Sunday, August 15, 2010

A Libertarian-Republican President Ticket Thought

The August 14-20 issue of The Economist tackles the topics of Australian coalitional politics, government-shrinking UK politics as something akin to punk rock, literal “hive minds” (artificial intelligence programs based on insect colonies), and offices that have resident dogs.  Combine all those phenomena and you get…well, something not remotely human.  Best just to look away.

But it does somehow remind me that I was excited recently to see that possible 2012 Republican presidential candidate Mitch Daniels’ list of five favorite books was a perfect libertarian box set: society-analyzing works by Friedrich Hayek, Milton Friedman, Charles Murray (not The Bell Curve), Mancur Olson, and Virginia Postrel.  This alone (quietly, cautiously) raises the possibility that he would be the best president the U.S. has ever had, something worth thinking about.  Or that he has a libertarian staff member answering questionnaires, but that’s better than nothing.

And he was busted for pot circa 1970 while at Princeton (where at least three libertarians for whom I’ve done work got their start), which in itself seems like a good sign that he would not just turn into an authoritarian social conservative once elected.  If he and anti-drug-war Gary Johnson were a ticket, what on Earth would the hipness-seeking Democrats do?  Lose, I suspect.

6 comments:

Alexandra said...

The problem with Daniels is that his head is oddly shaped and shiny, almost like a pink peanut.

More seriously, I am sure he would be flayed by the press for mentioning Murray’s name in a positive light.

Todd Seavey said...

Even Murray himself seems to have been left fairly unflayed over the past two decades despite _The Bell Curve_, all things considered, and _What It Means to Be a Libertarian_ doesn’t touch on those topics, so I think Daniels will be OK in that regard.

Here are all five of his stellar choices — almost exactly the same short reading list I’d recommend to the world, actually:

http://fivebooks.com/interviews/mitch-daniels-on-american-conservatism

And to paraphrase something Jonah Goldberg (with whom I’ll be appearing on a panel or two in October if all goes as planned) once said about Mr.
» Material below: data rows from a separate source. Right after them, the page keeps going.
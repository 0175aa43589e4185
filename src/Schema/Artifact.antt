-- ===== src/Schema/Artifact.antt =====
-- Git artifacts and review snapshots: packages/git-artifacts/src/artifact.ts, crf.ts and review.ts.
use remote_agent_devbox.Common.{ℕ, String, Option, List, Eq}
use remote_agent_devbox.Schema.Workspace.{Uuid, Date}

-- A text `sha256:…`.
abbrev pub Sha256Digest : Type 0
Sha256Digest = String

pub data GitArtifactStatus : Type 0 where
  staged validated rejected : GitArtifactStatus

unfoldable pub GitArtifactStatus-discrete : Discrete GitArtifactStatus
GitArtifactStatus-discrete = hlevel

instance unfoldable pub artifact_status_eq : Eq GitArtifactStatus
unfolding GitArtifactStatus-discrete
artifact_status_eq = record { dec = GitArtifactStatus-discrete }

pub record GitArtifact : Type 0 where
  pub id : Uuid
  pub workspace_id : Uuid
  pub repository_id : Uuid
  pub artifact_digest : Sha256Digest
  pub storage_key : String
  pub size_bytes : ℕ
  pub status : GitArtifactStatus
  pub rejection_reason : Option String
  pub created_at : Date
  pub validated_at : Option Date

pub data FileStatus : Type 0 where
  added deleted modified type_changed : FileStatus

pub data GitObjectFormat : Type 0 where
  sha1 sha256 : GitObjectFormat

pub record StructuralFile : Type 0 where
  pub path_base64 : String
  pub old_blob : String
  pub new_blob : String
  pub old_mode : String
  pub new_mode : String
  pub status : FileStatus

pub record ValidatorProfile : Type 0 where
  pub image_digest : Sha256Digest
  pub git_binary_digest : Sha256Digest
  pub canonicalizer_digest : Sha256Digest
  pub policy_digest : Sha256Digest
  pub runner_config_digest : Sha256Digest

pub record ReviewManifest : Type 0 where
  pub repository_id : Uuid
  pub workspace_id : Uuid
  pub git_object_format : GitObjectFormat
  pub base_commit : String
  pub target_commit : String
  pub target_tree : String
  pub artifact_digest : Sha256Digest
  pub validator_profile_digest : Sha256Digest
  pub policy_digest : Sha256Digest
  pub security_epoch : ℕ
  pub deployment_tier : ℕ
  pub security_posture_hash : Sha256Digest
  pub files : List StructuralFile

pub record ReviewSnapshot : Type 0 where
  pub id : Uuid
  pub workspace_id : Uuid
  pub repository_id : Uuid
  pub artifact_id : Uuid
  pub base_commit : String
  pub target_commit : String
  pub target_tree : String
  pub artifact_digest : Sha256Digest
  pub validator_profile_digest : Sha256Digest
  pub validator_profile : ValidatorProfile
  pub security_epoch : ℕ
  pub deployment_tier : ℕ
  pub security_posture_hash : Sha256Digest
  pub review_digest : Sha256Digest
  pub policy_hash : Sha256Digest
  pub structural_manifest : ReviewManifest
  pub created_at : Date
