-- ===== src/Schema/Approval.antt =====
-- Approval requests: packages/approvals/src/approval.ts.
use remote_agent_devbox.Common.{ℕ, Option, Eq}
use remote_agent_devbox.Schema.Workspace.{Uuid, Date}
use remote_agent_devbox.Schema.Artifact.{Sha256Digest}

pub data ApprovalStatus : Type 0 where
  pending approved denied stale : ApprovalStatus

unfoldable pub ApprovalStatus-discrete : Discrete ApprovalStatus
ApprovalStatus-discrete = hlevel

instance unfoldable pub approval_status_eq : Eq ApprovalStatus
unfolding ApprovalStatus-discrete
approval_status_eq = record { dec = ApprovalStatus-discrete }

pub data ApprovalStaleReason : Type 0 where
  expired artifact_changed policy_changed validator_changed : ApprovalStaleReason
  security_posture_changed remote_state_changed : ApprovalStaleReason

-- The operation type is always CREATE_PULL_REQUEST, and is left out.
pub record ApprovalRequest : Type 0 where
  pub id : Uuid
  pub workspace_id : Uuid
  pub review_snapshot_id : Uuid
  pub review_digest : Sha256Digest
  pub validator_profile_digest : Sha256Digest
  pub security_epoch : ℕ
  pub deployment_tier : ℕ
  pub security_posture_hash : Sha256Digest
  pub status : ApprovalStatus
  pub stale_reason : Option ApprovalStaleReason
  pub requested_by : Uuid
  pub requested_at : Date
  pub expires_at : Date
  pub decided_by : Option Uuid
  pub decided_at : Option Date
Peanut: Do not cast aspersions on America’s most esteemed legume-humanoid.

ken silber said...

I’m puzzled as to how I can have so many disagreements with you on what seem like more than matters of quibbling detail, eg should there be a US government — and then have the same level of enthusiasm about the same prospective presidential candidate. So much for the importance of political theory.

Todd Seavey said...

I am puzzled by your puzzlement. At the risk of sounding like I’m substituting a new simplistic linear measure of politics for the old simplistic linear measure of politics, we both want _less government_, right?
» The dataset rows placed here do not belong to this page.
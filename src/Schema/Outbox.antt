-- ===== src/Schema/Outbox.antt =====
-- The commands of the outbox: packages/outbox/src/command.ts.
use remote_agent_devbox.Common.{ℕ, String, Option, Eq}
use remote_agent_devbox.Schema.Workspace.{Uuid, Date, DesiredWorkspaceState}

pub data OutboxCommandType : Type 0 where
  provision start suspend stop destroy : OutboxCommandType

pub data OutboxCommandState : Type 0 where
  pending processing succeeded failed : OutboxCommandState

unfoldable pub OutboxCommandState-discrete : Discrete OutboxCommandState
OutboxCommandState-discrete = hlevel

instance unfoldable pub outbox_state_eq : Eq OutboxCommandState
unfolding OutboxCommandState-discrete
outbox_state_eq = record { dec = OutboxCommandState-discrete }

-- The payload is the desired state; the aggregate is always a workspace.
pub record OutboxCommand : Type 0 where
  pub id : Uuid
  pub aggregate_id : Uuid
  pub command_type : OutboxCommandType
  pub payload : DesiredWorkspaceState
  pub state : OutboxCommandState
  pub attempts : ℕ
  pub last_error : Option String
  pub created_at : Date
  pub available_at : Date
  pub processed_at : Option Date
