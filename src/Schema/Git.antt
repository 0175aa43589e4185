-- ===== src/Schema/Git.antt =====
-- Git operations and credential leases: packages/git-operations/src/operation.ts.
use remote_agent_devbox.Common.{ℕ, String, Option, Eq}
use remote_agent_devbox.Schema.Workspace.{Uuid, Date}
use remote_agent_devbox.Schema.Artifact.{Sha256Digest}

pub data GitOperationState : Type 0 where
  pending validating waiting_credential pushing : GitOperationState
  succeeded failed conflict cancelled stale : GitOperationState

pub data CredentialLeaseState : Type 0 where
  reserved issued consumed expired failed uncertain : CredentialLeaseState

unfoldable pub GitOperationState-discrete : Discrete GitOperationState
GitOperationState-discrete = hlevel

unfoldable pub CredentialLeaseState-discrete : Discrete CredentialLeaseState
CredentialLeaseState-discrete = hlevel

instance unfoldable pub git_state_eq : Eq GitOperationState
unfolding GitOperationState-discrete
git_state_eq = record { dec = GitOperationState-discrete }

instance unfoldable pub lease_state_eq : Eq CredentialLeaseState
unfolding CredentialLeaseState-discrete
lease_state_eq = record { dec = CredentialLeaseState-discrete }

pub record GitOperation : Type 0 where
  pub id : Uuid
  pub workspace_id : Uuid
  pub repository_id : Uuid
  pub review_snapshot_id : Uuid
  pub approval_id : Uuid
  pub branch_name : String
  pub target_commit : String
  pub expected_remote_head : Option String
  pub review_digest : Sha256Digest
  pub validator_profile_digest : Sha256Digest
  pub security_epoch : ℕ
  pub state : GitOperationState
  pub stale_reason : Option String
  pub error_code : Option String
  pub error_message : Option String
  pub pull_request_number : Option ℕ
  pub pull_request_url : Option String
  pub created_at : Date
  pub started_at : Option Date
  pub completed_at : Option Date

pub record CredentialLease : Type 0 where
  pub id : Uuid
  pub operation_id : Uuid
  pub repository_id : Uuid
  pub security_epoch : ℕ
  pub state : CredentialLeaseState
  pub issued_at : Option Date
  pub expires_at : Option Date
  pub consumed_at : Option Date
  pub failure_reason : Option String
  pub created_at : Date
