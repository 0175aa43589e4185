-- ===== src/Schema/Ide.antt =====
-- IDE access codes and sessions: the tables of packages/ide-access/src/repository.ts.
use remote_agent_devbox.Common.{ℕ, String, Option}
use remote_agent_devbox.Schema.Workspace.{Uuid, Date}

pub record IdeAccessCode : Type 0 where
  pub id : Uuid
  pub workspace_id : Uuid
  pub code_digest : String
  pub deployment_tier : ℕ
  pub security_epoch : ℕ
  pub workspace_state_version : ℕ
  pub created_at : Date
  pub expires_at : Date
  pub consumed_at : Option Date
  pub invalidated_at : Option Date

pub record IdeAccessSession : Type 0 where
  pub id : Uuid
  pub workspace_id : Uuid
  pub session_digest : String
  pub deployment_tier : ℕ
  pub security_epoch : ℕ
  pub workspace_state_version : ℕ
  pub created_at : Date
  pub expires_at : Date
  pub revoked_at : Option Date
We live in a world where virtually no politicians are interested in that — and where even the writers in nominally-conservative magazines such as _The Weekly Standard_ are often so blissfully unacquainted with the concept of property rights that they see all politics in terms of zero-sum redistributions of power and thus (to take an example from a glaringly ignorant recent piece defending Robert Moses and urban planning) say things like “construction always displaces somebody.”

You and I will presumably notice the same tiny handful of potentially government-shrinking figures and are presumably both trying to move things in the same _direction_, with disagreements over the precise final destination for now so irrelevant that it’s like arguing about where exactly to park in London before even buying your plane tickets to England.

When the day arrives that the world has one minarchist and one anarchist party, we can run opposing campaigns. Until then: maybe Daniels.

ken silber said...

Fair enough, though I don’t consider myself a minarchist. If it comes down to a Misean vs a Nozickian someday, I’m voting third party.

Alexandra said...

I rarely hear Murray’s name mentioned without “racist” attached. And there’s also this comment from Daniels: “I like most of the things Charles Murray has written.” I can’t imagine that that won’t raise questions, especially if he’s running against a black guy.

But you’re right, it’s a stellar list.